# Problem details
Start at the line below containing "IsUntouched 6 100 false 0" and stop at the line containing "erase_Fits : (0". Repeat every line of that stretch exactly, and nothing outside it.

Collected data entries
-------------------------

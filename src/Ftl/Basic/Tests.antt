-- ===== src/Ftl/Basic/Tests.antt =====
-- Runs of the translation layer on a small chip: four blocks of four pages, block 1 bad. The world
-- counts the operations that change block 1.
use ufprog.Common.{◌/◌, ℕ, ◌+◌, ◌*◌, ◌^◌, ◌<◌, ◌≡◌, ◌≢◌, refl, arith, u32, ◌==◌, ltb, ◌&&◌}
use ufprog.Common.{true, false, none, some, if◌then◌else◌}
use ufprog.Common.{ok, fail, device_io_error}
use ufprog.Bitmap.Tests.{two_bit_map}
use ufprog.Bbt.Ram.Tests.{small_geo}
use ufprog.Bbt.{Bbt, st_good, st_bad, get_state, set_state, is_reserved}
use ufprog.Nand.Api.{NandOps}
use ufprog.Ftl.Api.{Part, pre_call}
use ufprog.Ftl.Basic.{FtlState, is_good_block, judge, unusable_block_notice}
use ufprog.Ftl.Basic.Transfer.{check_block, after_transfer}
use ufprog.Ftl.Basic.Retry.{note_state}
use ufprog.Ftl.Basic.Confined.{InBlock, IsRegular, IsConfined}
use ufprog.Ftl.Basic.Read.{read_pages}
use ufprog.Ftl.Basic.Write.{write_pages}
use ufprog.Ftl.Basic.Erase.{erase_blocks}
use ufprog.Ftl.Basic.Read.Inside.{read_pages-keeps}
use ufprog.Ftl.Basic.Write.Inside.{write_pages-keeps}
use ufprog.Ftl.Basic.Erase.Inside.{erase_blocks-keeps}

-- Whether `n` pages from `first` on meet block 1.
abbrev hits : ℕ → ℕ → ℕ
hits first n = if ltb first 8 && ltb 4 (first + n) then 1 else 0

abbrev pub counting_nand : NandOps ℕ
counting_nand = record {
  checkbad = λ c w. (if c == 1 then fail else ok, w);
  markbad = λ c w. (ok, if c == 1 then w + 1 else w);
  erase_block = λ first w. (ok, w + hits first 4);
  torture_block = λ c w. (device_io_error, if c == 1 then w + 1 else w);
  read_pages = λ first n buf raw flags w. (ok, n, w);
  write_pages = λ first n buf raw ignore_error w. (ok, n, w + hits first n);
}

abbrev pub fixed_bbt : Bbt ℕ
fixed_bbt = record {
  driver = none;
  own = record {
    reprobe = λ w. (ok, w);
    commit = none;
    modify_config = none;
    get_config = none;
    get_state = λ c w. (ok, if c == 1 then st_bad else st_good, w);
    set_state = λ c st w. (ok, w);
    is_reserved = none;
  };
}

-- All blocks good.
abbrev pub good_bbt : Bbt ℕ
good_bbt = record {
  driver = none;
  own = record fixed_bbt.own { get_state = λ c w. (ok, st_good, w) };
}

abbrev pub start : FtlState ℕ
start = record { reported = two_bit_map; world = 0 }

abbrev pub whole_chip : Part
whole_chip = record { base_block = 0; part_blocks = 4 }

abbrev IsUntouched : FtlState ℕ → Type 0
IsUntouched s = s.world ≡ 0

small_geo-IsRegular : IsRegular small_geo 4
small_geo-IsRegular = record { power = refl; mask = refl; numbered = omega arith }

same_world : (c : ℕ) (s : FtlState ℕ) → (check_block fixed_bbt 0 c s).1.world ≡ s.world
unfolding check_block is_good_block judge unusable_block_notice get_state is_reserved
same_world c s = ground arith

found_good : (c : ℕ) (s : FtlState ℕ) → (check_block fixed_bbt 0 c s).0 ≡ ok → c ≢ 1
unfolding check_block is_good_block judge unusable_block_notice get_state is_reserved
found_good c s h = ground (arith, h)

missed : (c first n : ℕ) → c ≢ 1 → InBlock small_geo c first n → hits first n ≡ 0
missed c first n ne h = ground (arith, ne, h.begins, h.ends)

small-IsConfined : IsConfined counting_nand fixed_bbt small_geo 0 none 0 4 (λ c. c ≢ 1) IsUntouched
unfolding note_state set_state pre_call after_transfer
small-IsConfined = record {
  asks = λ c s l h p. rw (same_world c s) p;
  judged = λ c s l h p e. found_good c s e;
  reads = λ c first n buf raw flags s l h g i p. p;
  writes = λ c first n buf raw ignore_error s l h g i p. omega (arith, p, missed c first n g i);
  erases = λ c first s l h g e p. ground (arith, p, g, e);
  tortures = λ c s l h g p. ground (arith, p, g);
  marks = λ c s l h g p. ground (arith, p, g);
  notes = λ c state s l h g p. ground (arith, p);
  pres = λ n s p. p;
  transfers = λ ret n s p. p;
  posts = λ n s p. p;
}

chip_Fits : (0 + 4 < 2 ^ 32) × (0 + 5 / 2 ^ 2 < 2 ^ 32)
chip_Fits = (omega arith, omega arith)

read_pages-keeps_example :
    IsUntouched
      (read_pages counting_nand fixed_bbt small_geo 0
        (some whole_chip)
        5
        6
        100
        false
        0
        none
        start).2
read_pages-keeps_example =
    read_pages-keeps counting_nand fixed_bbt small_geo 0 (some whole_chip) 5 none (λ c. c ≢ 1)
      IsUntouched 6 100 false 0 start small_geo-IsRegular chip_Fits small-IsConfined refl

write_pages-keeps_example :
    IsUntouched
      (write_pages counting_nand fixed_bbt small_geo 0
        (some whole_chip)
        5
        6
        100
        false
        false
        none
        start).2
write_pages-keeps_example =
    write_pages-keeps counting_nand fixed_bbt small_geo 0 (some whole_chip) 5 none (λ c. c ≢ 1)
      IsUntouched 6 100 false false start small_geo-IsRegular chip_Fits small-IsConfined refl

erase_Fits : (0 + 4 < 2 ^ 32) × (0 + u32 (1 * 2 ^ 2) / 2 ^ 2 < 2 ^ 32)
erase_Fits = (omega arith, omega arith)

erase_blocks-keeps_example :
    IsUntouched
      (erase_blocks counting_nand fixed_bbt small_geo 0 (some whole_chip) 1 2 true none start).2
erase_blocks-keeps_example =
    erase_blocks-keeps counting_nand fixed_bbt small_geo 0 (some whole_chip) 1 none (λ c. c ≢ 1)
      IsUntouched 2 true start small_geo-IsRegular erase_Fits small-IsConfined refl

-------------------------

# Task output
      IsUntouched 6 100 false 0 start small_geo-IsRegular chip_Fits small-IsConfined refl

write_pages-keeps_example :
    IsUntouched
      (write_pages counting_nand fixed_bbt small_geo 0
        (some whole_chip)
        5
        6
        100
        false
        false
        none
        start).2
write_pages-keeps_example =
    write_pages-keeps counting_nand fixed_bbt small_geo 0 (some whole_chip) 5 none (λ c. c ≢ 1)
      IsUntouched 6 100 false false start small_geo-IsRegular chip_Fits small-IsConfined refl

erase_Fits : (0 + 4 < 2 ^ 32) × (0 + u32 (1 * 2 ^ 2) / 2 ^ 2 < 2 ^ 32)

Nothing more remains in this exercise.